Saturday, August 4, 2018

テンプル大学 フォックスビジネススクール Staff and Alumni Demand Answers on M.B.A. Rankings Scandal


...Some call for student refunds after admission that business school submitted false data

Moshe Porat, seen here in 2009, was ousted as the dean of Temple University’s Fox School of Business last month.


By Kelsey Gee and Janaki Chadha
Aug. 3, 2018 11:50 a.m. ET
Temple University alumni and staff are voicing frustration with how administrators have handled a brewing M.B.A.-rankings scandal that has prompted federal and state investigations into whether employees used deceptive marketing practices to recruit students.

Some former students say they fear the controversy will leave a stain on their résumés after the university disclosed last week that, as part of U.S. News & World Report’s annual rankings process, employees at its Fox School of Business submitted falsified test-score and student-loan debt information for several degree programs, including its flagship two-year M.B.A. and its executive M.B.A. A university-commissioned probe previously determined Fox staff had sent false student data and outcome information about its online M.B.A. program over the past four years.

Several professors said students deserved more explanation about how the Fox program data was inflated. Temple’s online M.B.A. program—which costs roughly $60,000—had been rated the nation’s best by U.S. News since 2014 before it disclosed the misreporting to the magazine earlier this year. Other faculty have publicly defended the school, saying the data discrepancies shouldn’t take away from the overall quality of Fox’s programs.

“A university’s primary obligation is to its students,” said Temple economist Doug Webber, who in July wrote on Twitter that Fox students deserved a refund for programs that were inaccurately marketed as top-ranked.

Temple fired Moshe Porat, the dean of the Fox school for 22 years, last month over the scandal and appointed an interim leader of the business school on July 24. The new Fox dean, Ron Anderson, “is committed to taking the actions that will restore its reputation,” Ray Betzner, a Temple spokesman said. “He will also ensure the school’s focus remains on the delivery of high-quality programs and student services.”

Charles Dhanaraj, a professor of strategy at Fox, said the trickle of disclosures about the information it submitted for the closely watched business-school rankings had cast doubt over the accuracy of other data concerning Fox degree programs.

“Students are wondering, ‘What more have I been cheated out of?’ ” Mr. Dhanaraj said. He added that the university should also scrutinize other staff and the processes that made the misreporting possible. “How did this go undetected for four years?” he said. “That is the hard issue that still needs to be worked through.”
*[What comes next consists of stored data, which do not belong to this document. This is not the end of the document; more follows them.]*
-- ===== src/Storage/Runtime/Read/Loaded.antt =====
-- What _load_runtime_states of storage/repositories.py returns, said of the rows of the tables.
use mathlib.Core.Path.{◌≡◌, refl, ap, ◌∙◌, subst}
use pg_monitor.Prelude.{
  String, Bool, Bool-cases, true, Option, none, some, List, [], ◌∷◌, inl, inr, map, filter, Perm,
  All, All-filter, All-of_Elem, Elem-map, arith,
}
use pg_monitor.Prelude.Eq.{String_eq, ◌=?◌, =?→eq}
use pg_monitor.Prelude.Order.{IsPreorder, lex, on, lex-IsPreorder, on-IsPreorder, le_refl}
use pg_monitor.Prelude.Sort.{sort_by, IsSorted, sort_by-perm, sort_by-IsSorted, All-sort_by}
use pg_monitor.Prelude.Sort.Filter.{filter-sort_by}
use pg_monitor.Prelude.Dict.{has}
use pg_monitor.Prelude.Dict.Keys.{has-Elem}
use pg_monitor.Exn.{ok}
use pg_monitor.Storage.Orm.{
  RuntimeCurrentOrm, RuntimeDatabaseCurrentOrm, RuntimeDatabaseState, RuntimeState, Tables,
}
use pg_monitor.Storage.Session.{Session}
use pg_monitor.Storage.Queries.Latest.{Collation}
use pg_monitor.Storage.Runtime.Read.{
  database_state, current_query, databases_query, load_runtime_states,
}
use pg_monitor.Storage.Runtime.Read.States.{
  states_of, state_with, databases_of, load_runtime_states_lem,
}

filter-true : {A : Type 0} (l : List A) → filter (λ a. true) l ≡ l
filter-true [] = refl
filter-true (x ∷ l) = ap (◌∷◌ x) (filter-true l)

-- A filter after a weaker one.
filter-filter :
    {A : Type 0} (p q : A → Bool) (l : List A)
    → ((a : A) → p a ≡ true → q a ≡ true)
    → filter p (filter q l) ≡ filter p l
filter-filter p q [] h = refl
filter-filter p q (x ∷ l) h = elim (Bool-cases (q x)) [
  | inl t ↦ elim (Bool-cases (p x)) [
    | inl u ↦ rw (t, u) (ap (◌∷◌ x) (filter-filter p q l h))
    | inr g ↦ rw (t, g) (filter-filter p q l h)
  ]
  | inr f ↦ elim (Bool-cases (p x)) [
    | inl u ↦ let t = h x u in absurd (ground arith)
    | inr g ↦ rw (f, g) (filter-filter p q l h)
  ]
]

map-All : {A B : Type 0} (f g : A → B) (l : List A) → All (λ a. f a ≡ g a) l → map f l ≡ map g l
map-All f g [] h = refl
map-All f g (x ∷ l) h = ap (λ y. y ∷ map f l) h.0 ∙ ap (◌∷◌ (g x)) (map-All f g l h.1)

-- The rows that a request is for: those of one server, or all.
abbrev pub AskedRows :
    {F : Type 0} → Option String → List (RuntimeCurrentOrm F) → List (RuntimeCurrentOrm F) → Type 0
AskedRows none rows table = Perm rows table
AskedRows (some db) rows table = Perm rows (filter (λ r. r.db_identifier =? db) table)

-- A state that has the fields of a server's row and of the rows of its databases.
abbrev pub shown_database : RuntimeDatabaseCurrentOrm → RuntimeDatabaseState
shown_database row = record {
  datid = row.datid;
  datname = row.datname;
  numbackends = row.numbackends;
  xact_commit = row.xact_commit;
  xact_rollback = row.xact_rollback;
  blks_read = row.blks_read;
  blks_hit = row.blks_hit;
  deadlocks = row.deadlocks;
}

abbrev pub shown :
    {F : Type 0} → RuntimeCurrentOrm F → List RuntimeDatabaseCurrentOrm → RuntimeState F
shown row databases = record {
  captured_at = row.captured_at;
  db_identifier = row.db_identifier;
  active_connections = row.active_connections;
  blocked_sessions = row.blocked_sessions;
  longest_tx_duration_s = row.longest_tx_duration_s;
  waiting_locks = row.waiting_locks;
  granted_locks = row.granted_locks;
  database = map shown_database databases;
}

module _ ⦃c : Collation⦄ where
  by_names : RuntimeDatabaseCurrentOrm → RuntimeDatabaseCurrentOrm → Bool
  by_names = lex (on (λ r. r.db_identifier) c.le_text) (on (λ r. r.datname) c.le_text)

  by_names-IsPreorder : IsPreorder by_names
  unfolding by_names
  by_names-IsPreorder =
      lex-IsPreorder (on-IsPreorder (λ r. r.db_identifier) c.le_text-IsPreorder)
        (on-IsPreorder (λ r. r.datname) c.le_text-IsPreorder)

  -- Rows of one server that are sorted by both names are sorted by that of the database.
  names_of :
      (db : String) (a b : RuntimeDatabaseCurrentOrm)
      → (a.db_identifier =? db) ≡ true
      → (b.db_identifier =? db) ≡ true
      → by_names a b ≡ true
      → c.le_text a.datname b.datname ≡ true
  unfolding by_names
  names_of db a b p q h =
      let same = =?→eq a.db_identifier db p in
      let also = =?→eq b.db_identifier db q in
      let reflexive = le_refl c.le_text-IsPreorder db in
      let forth : c.le_text a.db_identifier b.db_identifier ≡ true = rw (same, also) reflexive in
      let back : c.le_text b.db_identifier a.db_identifier ≡ true = rw (same, also) reflexive in
      ground arith

  All-names_of :
      (db : String) (a : RuntimeDatabaseCurrentOrm) (l : List RuntimeDatabaseCurrentOrm)
      → (a.db_identifier =? db) ≡ true
      → All (λ r. (r.db_identifier =? db) ≡ true) l
      → All (λ b. by_names a b ≡ true) l
      → All (λ b. c.le_text a.datname b.datname ≡ true) l
  All-names_of db a [] p q h = tt
  All-names_of db a (b ∷ l) p q h = (names_of db a b p q.0 h.0, All-names_of db a l p q.1 h.1)

  IsSorted-names_of :
      (db : String) (l : List RuntimeDatabaseCurrentOrm)
      → All (λ r. (r.db_identifier =? db) ≡ true) l
      → IsSorted by_names l
      → IsSorted (on (λ r. r.datname) c.le_text) l
  IsSorted-names_of db [] q h = tt
  IsSorted-names_of db (a ∷ l) q h =
      (All-names_of db a l q.0 q.1 h.0, IsSorted-names_of db l q.1 h.1)

  -- The rows of one server's databases, in order.
  own_of : List RuntimeDatabaseCurrentOrm → String → List RuntimeDatabaseCurrentOrm
  own_of table db = sort_by by_names (filter (λ r. r.db_identifier =? db) table)

  own_of-IsSorted :
      (table : List RuntimeDatabaseCurrentOrm) (db : String)
      → IsSorted (on (λ r. r.datname) c.le_text) (own_of table db)
  unfolding own_of
  own_of-IsSorted table db =
      let own = filter (λ r. r.db_identifier =? db) table in
      IsSorted-names_of db (sort_by by_names own)
        (All-sort_by (λ r. (r.db_identifier =? db) ≡ true) by_names own
          (All-filter (λ r. r.db_identifier =? db) table))
        (sort_by-IsSorted by_names by_names-IsPreorder own)

  states_of-own_of :
      {F : Type 0} (identifiers : List String) (t : Tables F) (db : String)
      → has identifiers db ≡ true
      → states_of db (databases_query identifiers t)
        ≡ map shown_database (own_of t.runtime_database_current db)
  unfolding databases_query database_state own_of by_names
  states_of-own_of identifiers t db known =
      let own : RuntimeDatabaseCurrentOrm → Bool = λ r. r.db_identifier =? db in
      let asked : RuntimeDatabaseCurrentOrm → Bool = λ r. has identifiers r.db_identifier in
      ap (map shown_database) (
        filter-sort_by by_names by_names-IsPreorder own (filter asked t.runtime_database_current)
        ∙ ap (sort_by by_names) (
            filter-filter own asked t.runtime_database_current
              λ r p. ap (has identifiers) (=?→eq r.db_identifier db p) ∙ known))

module _ {F : Type 0} ⦃c : Collation⦄ (s : Session F) (calm : s.faults ≡ []) where
  current_query-AskedRows :
      (db : Option String) → AskedRows db (current_query db s.tables) s.tables.runtime_current
  unfolding current_query
  current_query-AskedRows none =
      subst
        (λ l.
          Perm
            (sort_by (on (λ r. r.db_identifier) c.le_text)
              (filter (λ r. true) s.tables.runtime_current))
            l)
        (filter-true s.tables.runtime_current) (sort_by-perm _ _)
  current_query-AskedRows (some db) = sort_by-perm _ _

  current_query-IsSorted :
      (db : Option String)
      → IsSorted (on (λ r. r.db_identifier) c.le_text) (current_query db s.tables)
  unfolding current_query
  current_query-IsSorted db =
      sort_by-IsSorted (on (λ r. r.db_identifier) c.le_text)
        (on-IsPreorder (λ r. r.db_identifier) c.le_text-IsPreorder) _

  -- On a session whose statements succeed, the load of the runtime states, of one server or of all, returns a state for
  -- exactly the current rows of that server or of all, in the order of their servers. Each state has the fields of its
  -- row and those of all rows of the server's databases, in the order of their names. No KeyError is raised, and the
  -- session is as it was.
  pub load_runtime_states-Loaded :
      (db : Option String)
      → (rows : List (RuntimeCurrentOrm F)) × (own : RuntimeCurrentOrm F
          → List RuntimeDatabaseCurrentOrm)
        × AskedRows db rows s.tables.runtime_current
        × IsSorted (on (λ r. r.db_identifier) c.le_text) rows
        × ((row : RuntimeCurrentOrm F)
            → Perm (own row) (
                filter
                  (λ r. r.db_identifier =? row.db_identifier)
                  s.tables.runtime_database_current))
        × ((row : RuntimeCurrentOrm F) → IsSorted (on (λ r. r.datname) c.le_text) (own row))
        × (load_runtime_states db s ≡ (ok (map (λ row. shown row (own row)) rows), s))
  unfolding own_of
  load_runtime_states-Loaded db =
      let rows = current_query db s.tables in
      let ids = map (λ r. r.db_identifier) rows in
      (
        rows,
        λ row. own_of s.tables.runtime_database_current row.db_identifier,
        current_query-AskedRows db,
        current_query-IsSorted db,
        λ row. sort_by-perm by_names _,
        λ row. own_of-IsSorted s.tables.runtime_database_current row.db_identifier,
        load_runtime_states_lem s calm db
            ∙ ap (λ states. (ok states, s))
                (map-All (state_with (databases_of s rows)) _ rows (
                  All-of_Elem _ rows λ row m.
                    ap (λ d. record (shown row []) { database = d })
                      (states_of-own_of ids s.tables row.db_identifier (
                        has-Elem row.db_identifier ids
                          (Elem-map (λ r. r.db_identifier) row rows m))))),
      )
The Temple-commissioned review by law firm Jones Day concluded in July that Fox’s dean and other staff bore responsibility for sending the erroneous information and, in certain instances, did so intentionally. The report didn’t name any employees other than Mr. Porat and noted that in 2013 he had disbanded a committee tasked with ensuring the accuracy of rankings data.

Tom Clare, a defamation lawyer for Mr. Porat, said the former dean had refused to resign from his position when first asked by university leaders in July and said Mr. Porat was “saddened and frustrated by the way Temple has handled this.” Mr. Clare added: “The University’s communications about his involvement have been reckless and irresponsible.”
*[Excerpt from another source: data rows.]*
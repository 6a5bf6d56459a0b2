-- ===== src/Storage/Runtime/Write/Databases.antt =====
-- Which databases have a current state after _upsert_runtime_database_current of storage/repositories.py.
use pg_monitor.Prelude.{
  ℕ, suc, ◌≡◌, refl, ap, ◌∙◌, String, Bool, Bool-cases, true, false, not, ◌&&◌, ◌||◌, List, [], ◌∷◌,
  inl, inr, map, arith, leb,
}
use pg_monitor.Prelude.Eq.{String_eq, ◌=?◌, =?→eq, =?_refl, =?_sym}
use pg_monitor.Prelude.Dict.{has}
use pg_monitor.Collector.Models.{DatabaseMetric, RuntimeSnapshotResult}
use pg_monitor.Storage.Orm.{RuntimeDatabaseCurrentOrm}
use pg_monitor.Exn.{ok}
use pg_monitor.Storage.Session.{Session, statement_calm, update_calm, select_calm}
use pg_monitor.Storage.Runtime.Write.{
  fits_values, require_fit, delete_databases, upsert_values, replace_databases, is_stale,
  upsert_runtime_database_current,
}
use pg_monitor.Storage.Runtime.Upserts.{
  current_captured_at, delete_gone, database_values, upsert_database, upsert_all,
}

-- Whether the database `name` of the server `db` has a row.
abbrev pub has_row : String → String → List RuntimeDatabaseCurrentOrm → Bool
has_row db name [] = false
has_row db name (row ∷ rows) =
    ((row.db_identifier =? db) && (row.datname =? name)) || has_row db name rows

same_keys :
    (a b c d e f : String)
    → (a =? c) ≡ true
    → (b =? d) ≡ true
    → ((a =? e) && (b =? f)) ≡ ((c =? e) && (d =? f))
same_keys a b c d e f p q =
    ap (λ x. (x =? e) && (b =? f)) (=?→eq a c p) ∙ ap (λ y. (c =? e) && (y =? f)) (=?→eq b d q)

has_row-upsert_database :
    (excluded : RuntimeDatabaseCurrentOrm) (table : List RuntimeDatabaseCurrentOrm)
    (db name : String)
    → has_row db name (upsert_database excluded table)
      ≡ (has_row db name table || ((excluded.db_identifier =? db) && (excluded.datname =? name)))
unfolding upsert_database
has_row-upsert_database excluded [] db name = ground arith
has_row-upsert_database excluded (row ∷ rows) db name =
    elim (Bool-cases (row.db_identifier =? excluded.db_identifier)) [
      | inr f ↦ rw f (ground (arith, has_row-upsert_database excluded rows db name))
      | inl t ↦ elim (Bool-cases (row.datname =? excluded.datname)) [
        | inr f ↦ rw (t, f) (ground (arith, has_row-upsert_database excluded rows db name))
        | inl u ↦ elim (Bool-cases (leb row.captured_at excluded.captured_at)) [
          | inl b ↦ rw (t, u, b) (ground (arith, same_keys _ _ _ _ db name t u))
          | inr b ↦ rw (t, u, b) (ground (arith, same_keys _ _ _ _ db name t u))
        ]
      ]
    ]

-- A row of the database `name` of `d` goes exactly if that database is to go.
same_fate :
    (db : String) (names : List String) (row : RuntimeDatabaseCurrentOrm) (d name : String)
    → ((row.db_identifier =? d) && (row.datname =? name)) ≡ true
    → not ((row.db_identifier =? db) && not (has names row.datname))
      ≡ not ((d =? db) && not (has names name))
same_fate db names row d name h =
    ap (λ x. not ((x =? db) && not (has names row.datname))) (=?→eq _ _ (ground arith))
    ∙ ap (λ y. not ((d =? db) && not (has names y))) (=?→eq _ _ (ground arith))

has_row-delete_gone :
    (db : String) (names : List String) (table : List RuntimeDatabaseCurrentOrm) (d name : String)
    → has_row d name (delete_gone db names table)
      ≡ (has_row d name table && not ((d =? db) && not (has names name)))
unfolding delete_gone
has_row-delete_gone db names [] d name = refl
has_row-delete_gone db names (row ∷ rows) d name =
    let rest = has_row-delete_gone db names rows d name in
    elim (Bool-cases (not ((row.db_identifier =? db) && not (has names row.datname)))) [
      | inl keep ↦ rw keep (ground (arith, rest, same_fate db names row d name))
      | inr gone ↦ rw gone (ground (arith, rest, same_fate db names row d name))
    ]

has_row-upsert_all :
    (db : String) (at next : ℕ) (rows : List DatabaseMetric)
    (table : List RuntimeDatabaseCurrentOrm) (d name : String)
    → has_row d name (upsert_all db at next rows table)
      ≡ (has_row d name table || ((db =? d) && has (map (λ r. r.datname) rows) name))
unfolding upsert_all has database_values
has_row-upsert_all db at next [] table d name = ground arith
has_row-upsert_all db at next (row ∷ rows) table d name =
    let rest =
      has_row-upsert_all db at (suc next) rows
        (upsert_database (database_values db at row next) table) d name in
    let first = has_row-upsert_database (database_values db at row next) table d name in
    ground arith

module _ {F : Type 0} (snapshot : RuntimeSnapshotResult F) (s : Session F) where
  abbrev pub names : List String
  names = map (λ r. r.datname) snapshot.database

  abbrev pub before : List RuntimeDatabaseCurrentOrm
  before = s.tables.runtime_database_current

  -- The rows after the DELETE and the INSERT.
  abbrev pub replaced : List RuntimeDatabaseCurrentOrm
  replaced =
      upsert_all snapshot.db_identifier snapshot.captured_at s.sequences.runtime_database_current_id
        snapshot.database (delete_gone snapshot.db_identifier names before)

  has_row-replaced : (name : String) → has_row snapshot.db_identifier name replaced ≡ has names name
  has_row-replaced name =
      let db = snapshot.db_identifier in
      let next = s.sequences.runtime_database_current_id in
      ground (
        arith,
        has_row-upsert_all db snapshot.captured_at next snapshot.database
            (delete_gone db names before) db name,
        has_row-delete_gone db names before db name,
        =?_refl db,
      )

  has_row-other :
      (other name : String)
      → (snapshot.db_identifier =? other) ≡ false
      → has_row other name replaced ≡ has_row other name before
  has_row-other other name differs =
      let db = snapshot.db_identifier in
      let next = s.sequences.runtime_database_current_id in
      ground (
        arith,
        has_row-upsert_all db snapshot.captured_at next snapshot.database
            (delete_gone db names before) other name,
        has_row-delete_gone db names before other name,
        =?_sym db other,
      )

  abbrev deleted : Session F
  deleted = record s {
    tables = record s.tables {
      runtime_database_current = delete_gone snapshot.db_identifier names before;
    };
  }

  delete_calm : s.faults ≡ [] → delete_databases snapshot s ≡ (ok tt, deleted)
  unfolding delete_databases
  delete_calm calm = update_calm s calm _

  values_calm :
      s.faults ≡ []
      → fits_values snapshot ≡ true
      → let out = upsert_values snapshot deleted in
        (out.0 ≡ ok tt) × (out.1.tables.runtime_database_current ≡ replaced)
  unfolding upsert_values require_fit
  values_calm calm fits = rw (statement_calm deleted calm, fits) (refl, refl)

  nothing_more : [] ≡ snapshot.database → delete_gone snapshot.db_identifier names before ≡ replaced
  unfolding upsert_all
  nothing_more e =
      ap
        (λ rows.
          upsert_all snapshot.db_identifier snapshot.captured_at
            s.sequences.runtime_database_current_id rows
            (delete_gone snapshot.db_identifier names before))
        e

  pub replace_databases-calm :
      (rows : List DatabaseMetric)
      → rows ≡ snapshot.database
      → s.faults ≡ []
      → fits_values snapshot ≡ true
      → let out = replace_databases snapshot rows s in
        (out.0 ≡ ok tt) × (out.1.tables.runtime_database_current ≡ replaced)
  unfolding replace_databases
  replace_databases-calm [] e calm fits = rw (delete_calm calm) (refl, nothing_more e)
  replace_databases-calm (row ∷ rows) e calm fits = rw (delete_calm calm) (values_calm calm fits)

  -- On a session whose statements succeed, with a snapshot that is not stale, fits its columns and names no database twice:
  -- the databases of its server that have a current state are then those of the snapshot, and of every other server
  -- those that had one before.
  pub upsert_runtime_database_current-replaces :
      s.faults ≡ []
      → fits_values snapshot ≡ true
      → is_stale
          (current_captured_at snapshot.db_identifier s.tables.runtime_current)
          snapshot.captured_at
        ≡ false
      → let out = upsert_runtime_database_current snapshot s in
        (out.0 ≡ ok tt)
        × ((name : String)
            → has_row snapshot.db_identifier name out.1.tables.runtime_database_current
              ≡ has names name)
        × ((other name : String)
            → (snapshot.db_identifier =? other) ≡ false
            → has_row other name out.1.tables.runtime_database_current ≡ has_row other name before)
  unfolding upsert_runtime_database_current
  upsert_runtime_database_current-replaces calm fits new =
      let (done, rows) = replace_databases-calm snapshot.database refl calm fits in
      rw
        (
          select_calm s calm (λ t. current_captured_at snapshot.db_identifier t.runtime_current),
          new,
        )
        (
          done,
          λ name. ap (λ l. has_row snapshot.db_identifier name l) rows ∙ has_row-replaced name,
          λ other name differs.
              ap (λ l. has_row other name l) rows ∙ has_row-other other name differs,
        )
Temple President Richard Englert said last week that the university continues to review Fox rankings-data submissions and to update the U.S. Education Department and the Pennsylvania attorney general’s office as new information develops. Both are investigating Temple’s marketing practices.

Juliana Bell, who completed her undergraduate degree at Fox in May, said that she had strongly considered returning to Temple for an online M.B.A. in a few years but that the revelations had prompted her to rethink that plan.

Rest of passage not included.